(Stored items)
══════

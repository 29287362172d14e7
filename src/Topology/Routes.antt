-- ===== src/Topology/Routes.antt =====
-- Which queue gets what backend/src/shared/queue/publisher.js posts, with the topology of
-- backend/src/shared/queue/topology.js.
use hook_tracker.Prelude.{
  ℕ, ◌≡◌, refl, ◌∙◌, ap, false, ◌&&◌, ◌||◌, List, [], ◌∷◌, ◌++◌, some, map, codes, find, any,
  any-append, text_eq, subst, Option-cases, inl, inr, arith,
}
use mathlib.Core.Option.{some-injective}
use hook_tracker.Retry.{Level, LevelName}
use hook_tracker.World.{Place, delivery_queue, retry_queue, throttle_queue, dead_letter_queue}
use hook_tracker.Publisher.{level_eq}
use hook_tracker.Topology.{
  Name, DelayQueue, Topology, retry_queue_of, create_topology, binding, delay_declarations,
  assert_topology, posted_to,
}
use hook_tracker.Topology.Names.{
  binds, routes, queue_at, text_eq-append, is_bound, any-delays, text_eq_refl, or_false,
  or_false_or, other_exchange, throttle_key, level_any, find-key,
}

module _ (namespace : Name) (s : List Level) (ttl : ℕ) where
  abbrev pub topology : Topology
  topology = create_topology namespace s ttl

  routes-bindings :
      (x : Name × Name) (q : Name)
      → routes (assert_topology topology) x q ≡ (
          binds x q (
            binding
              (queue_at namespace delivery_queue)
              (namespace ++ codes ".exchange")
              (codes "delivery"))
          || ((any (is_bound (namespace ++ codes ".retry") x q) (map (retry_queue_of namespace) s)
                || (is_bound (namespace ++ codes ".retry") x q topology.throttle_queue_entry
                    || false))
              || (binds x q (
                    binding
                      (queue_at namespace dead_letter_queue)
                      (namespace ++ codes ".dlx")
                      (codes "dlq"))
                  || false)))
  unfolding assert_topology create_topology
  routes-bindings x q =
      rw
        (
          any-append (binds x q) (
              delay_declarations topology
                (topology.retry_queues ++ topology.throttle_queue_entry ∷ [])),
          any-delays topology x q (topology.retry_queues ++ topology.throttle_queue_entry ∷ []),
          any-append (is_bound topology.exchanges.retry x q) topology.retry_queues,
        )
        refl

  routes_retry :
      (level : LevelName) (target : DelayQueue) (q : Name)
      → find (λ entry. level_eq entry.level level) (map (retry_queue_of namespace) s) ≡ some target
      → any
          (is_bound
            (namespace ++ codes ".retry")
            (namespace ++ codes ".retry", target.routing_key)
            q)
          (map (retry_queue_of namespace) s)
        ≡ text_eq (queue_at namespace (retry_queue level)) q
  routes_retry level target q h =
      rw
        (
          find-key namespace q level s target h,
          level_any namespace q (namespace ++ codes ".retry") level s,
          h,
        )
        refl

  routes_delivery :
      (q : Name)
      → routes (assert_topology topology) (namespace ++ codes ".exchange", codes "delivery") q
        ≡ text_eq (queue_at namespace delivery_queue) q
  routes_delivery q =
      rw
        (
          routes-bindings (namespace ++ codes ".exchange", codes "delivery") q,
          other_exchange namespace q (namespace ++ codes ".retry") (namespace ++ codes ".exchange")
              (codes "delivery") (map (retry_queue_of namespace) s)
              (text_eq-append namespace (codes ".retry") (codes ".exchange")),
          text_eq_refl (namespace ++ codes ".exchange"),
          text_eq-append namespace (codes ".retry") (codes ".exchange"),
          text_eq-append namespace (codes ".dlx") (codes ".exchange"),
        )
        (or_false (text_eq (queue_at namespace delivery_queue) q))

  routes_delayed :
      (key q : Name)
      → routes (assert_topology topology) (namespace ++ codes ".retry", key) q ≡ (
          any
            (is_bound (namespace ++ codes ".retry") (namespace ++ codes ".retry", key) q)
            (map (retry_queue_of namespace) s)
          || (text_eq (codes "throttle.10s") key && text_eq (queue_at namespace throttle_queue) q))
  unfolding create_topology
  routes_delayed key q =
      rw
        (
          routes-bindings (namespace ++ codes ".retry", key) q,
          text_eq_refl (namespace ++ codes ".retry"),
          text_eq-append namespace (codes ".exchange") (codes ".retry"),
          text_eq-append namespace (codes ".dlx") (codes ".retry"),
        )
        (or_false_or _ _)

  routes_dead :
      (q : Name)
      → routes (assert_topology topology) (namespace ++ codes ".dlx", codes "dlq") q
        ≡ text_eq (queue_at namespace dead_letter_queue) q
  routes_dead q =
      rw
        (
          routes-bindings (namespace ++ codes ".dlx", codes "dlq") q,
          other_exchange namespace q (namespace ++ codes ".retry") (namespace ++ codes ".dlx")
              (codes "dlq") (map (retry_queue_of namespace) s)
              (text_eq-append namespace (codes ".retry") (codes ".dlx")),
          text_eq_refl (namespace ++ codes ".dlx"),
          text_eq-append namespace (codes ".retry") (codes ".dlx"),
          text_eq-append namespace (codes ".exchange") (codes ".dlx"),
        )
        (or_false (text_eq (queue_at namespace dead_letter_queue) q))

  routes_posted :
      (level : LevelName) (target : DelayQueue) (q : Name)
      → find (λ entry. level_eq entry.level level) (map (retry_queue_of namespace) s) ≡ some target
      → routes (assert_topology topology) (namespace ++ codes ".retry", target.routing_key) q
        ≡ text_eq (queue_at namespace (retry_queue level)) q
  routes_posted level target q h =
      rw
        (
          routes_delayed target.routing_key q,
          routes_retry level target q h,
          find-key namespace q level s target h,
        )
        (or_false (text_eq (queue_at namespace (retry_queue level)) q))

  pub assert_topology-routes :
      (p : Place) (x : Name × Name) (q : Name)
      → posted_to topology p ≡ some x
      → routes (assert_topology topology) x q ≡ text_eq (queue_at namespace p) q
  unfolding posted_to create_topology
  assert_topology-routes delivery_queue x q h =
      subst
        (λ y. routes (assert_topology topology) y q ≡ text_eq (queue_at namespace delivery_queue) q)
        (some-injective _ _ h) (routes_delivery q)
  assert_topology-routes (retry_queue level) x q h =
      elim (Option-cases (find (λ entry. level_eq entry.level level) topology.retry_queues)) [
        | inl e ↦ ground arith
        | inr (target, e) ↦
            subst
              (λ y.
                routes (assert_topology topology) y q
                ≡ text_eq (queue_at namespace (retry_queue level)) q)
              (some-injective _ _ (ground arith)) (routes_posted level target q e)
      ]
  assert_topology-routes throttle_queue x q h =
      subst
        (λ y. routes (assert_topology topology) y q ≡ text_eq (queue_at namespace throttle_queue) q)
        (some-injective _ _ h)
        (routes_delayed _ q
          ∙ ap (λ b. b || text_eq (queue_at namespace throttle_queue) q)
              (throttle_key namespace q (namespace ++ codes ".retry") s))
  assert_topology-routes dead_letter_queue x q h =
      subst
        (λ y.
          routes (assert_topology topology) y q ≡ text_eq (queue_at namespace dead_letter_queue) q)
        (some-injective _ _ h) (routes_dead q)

══════

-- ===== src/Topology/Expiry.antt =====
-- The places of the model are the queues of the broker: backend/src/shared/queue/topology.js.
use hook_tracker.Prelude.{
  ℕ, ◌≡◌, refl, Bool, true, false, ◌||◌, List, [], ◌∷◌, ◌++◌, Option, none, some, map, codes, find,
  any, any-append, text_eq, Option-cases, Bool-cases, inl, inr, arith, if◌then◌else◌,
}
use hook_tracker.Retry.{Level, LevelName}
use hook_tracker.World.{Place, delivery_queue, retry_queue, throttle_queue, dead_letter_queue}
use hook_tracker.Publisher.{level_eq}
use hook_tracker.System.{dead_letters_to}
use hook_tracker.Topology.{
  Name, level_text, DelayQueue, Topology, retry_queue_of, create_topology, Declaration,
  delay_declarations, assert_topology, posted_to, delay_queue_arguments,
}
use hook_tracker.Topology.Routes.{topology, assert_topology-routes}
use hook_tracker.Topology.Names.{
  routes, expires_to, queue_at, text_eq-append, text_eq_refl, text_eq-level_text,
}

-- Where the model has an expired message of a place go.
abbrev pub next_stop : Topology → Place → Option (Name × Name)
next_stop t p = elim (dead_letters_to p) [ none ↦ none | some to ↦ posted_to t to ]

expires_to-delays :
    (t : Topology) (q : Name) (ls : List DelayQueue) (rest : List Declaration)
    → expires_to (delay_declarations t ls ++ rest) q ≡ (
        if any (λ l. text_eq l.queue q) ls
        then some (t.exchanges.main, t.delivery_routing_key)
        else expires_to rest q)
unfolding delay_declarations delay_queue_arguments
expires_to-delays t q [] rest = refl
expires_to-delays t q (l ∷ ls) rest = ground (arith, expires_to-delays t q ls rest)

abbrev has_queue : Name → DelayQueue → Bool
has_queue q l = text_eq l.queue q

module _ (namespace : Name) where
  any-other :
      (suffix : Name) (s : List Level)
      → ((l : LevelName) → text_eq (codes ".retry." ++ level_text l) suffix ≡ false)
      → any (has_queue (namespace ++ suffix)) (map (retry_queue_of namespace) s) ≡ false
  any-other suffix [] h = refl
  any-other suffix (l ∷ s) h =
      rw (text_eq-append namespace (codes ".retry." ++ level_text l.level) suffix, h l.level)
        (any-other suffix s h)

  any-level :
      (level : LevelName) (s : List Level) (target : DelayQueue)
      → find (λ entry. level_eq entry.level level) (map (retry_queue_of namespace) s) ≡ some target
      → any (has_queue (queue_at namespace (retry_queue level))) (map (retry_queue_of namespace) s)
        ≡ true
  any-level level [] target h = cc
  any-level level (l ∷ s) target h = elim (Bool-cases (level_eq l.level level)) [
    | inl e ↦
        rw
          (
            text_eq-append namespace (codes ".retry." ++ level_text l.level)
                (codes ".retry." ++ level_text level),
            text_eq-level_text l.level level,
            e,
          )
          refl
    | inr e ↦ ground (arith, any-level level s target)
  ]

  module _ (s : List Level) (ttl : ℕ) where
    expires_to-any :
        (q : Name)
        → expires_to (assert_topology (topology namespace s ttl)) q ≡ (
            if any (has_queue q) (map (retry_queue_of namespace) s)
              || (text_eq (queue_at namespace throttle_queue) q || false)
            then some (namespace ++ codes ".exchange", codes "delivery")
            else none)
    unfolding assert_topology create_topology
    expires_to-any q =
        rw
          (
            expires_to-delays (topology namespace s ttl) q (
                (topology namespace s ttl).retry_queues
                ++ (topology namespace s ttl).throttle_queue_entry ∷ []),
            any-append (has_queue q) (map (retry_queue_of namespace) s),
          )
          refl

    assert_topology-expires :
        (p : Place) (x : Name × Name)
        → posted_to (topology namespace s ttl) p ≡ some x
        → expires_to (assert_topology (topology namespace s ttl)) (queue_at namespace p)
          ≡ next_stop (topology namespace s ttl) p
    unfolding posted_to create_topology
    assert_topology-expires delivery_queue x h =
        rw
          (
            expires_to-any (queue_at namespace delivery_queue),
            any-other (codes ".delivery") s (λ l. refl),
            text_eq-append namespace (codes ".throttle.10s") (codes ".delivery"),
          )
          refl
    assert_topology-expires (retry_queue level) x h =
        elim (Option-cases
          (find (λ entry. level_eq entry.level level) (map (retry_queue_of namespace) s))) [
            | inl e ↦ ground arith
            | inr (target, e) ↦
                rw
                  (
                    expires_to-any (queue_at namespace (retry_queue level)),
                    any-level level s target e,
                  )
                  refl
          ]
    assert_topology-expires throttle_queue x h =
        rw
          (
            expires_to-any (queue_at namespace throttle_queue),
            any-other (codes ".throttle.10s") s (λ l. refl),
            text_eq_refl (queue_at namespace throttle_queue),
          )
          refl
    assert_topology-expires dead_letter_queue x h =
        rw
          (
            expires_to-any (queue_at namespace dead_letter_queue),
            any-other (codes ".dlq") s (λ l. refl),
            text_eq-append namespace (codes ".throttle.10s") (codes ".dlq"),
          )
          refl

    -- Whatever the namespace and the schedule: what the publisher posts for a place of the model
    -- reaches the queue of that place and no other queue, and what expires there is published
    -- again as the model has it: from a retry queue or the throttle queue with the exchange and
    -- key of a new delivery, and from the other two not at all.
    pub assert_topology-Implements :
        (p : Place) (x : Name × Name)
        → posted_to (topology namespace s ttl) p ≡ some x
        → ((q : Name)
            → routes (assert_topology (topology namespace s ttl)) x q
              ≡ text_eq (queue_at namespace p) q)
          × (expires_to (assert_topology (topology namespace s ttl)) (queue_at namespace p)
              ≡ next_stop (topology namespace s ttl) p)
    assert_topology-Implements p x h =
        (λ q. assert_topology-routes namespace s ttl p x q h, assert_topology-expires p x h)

══════

Exercise aim.
Please give the number of lines with "posts" in the entries above, and write no other text.

Solution below.
2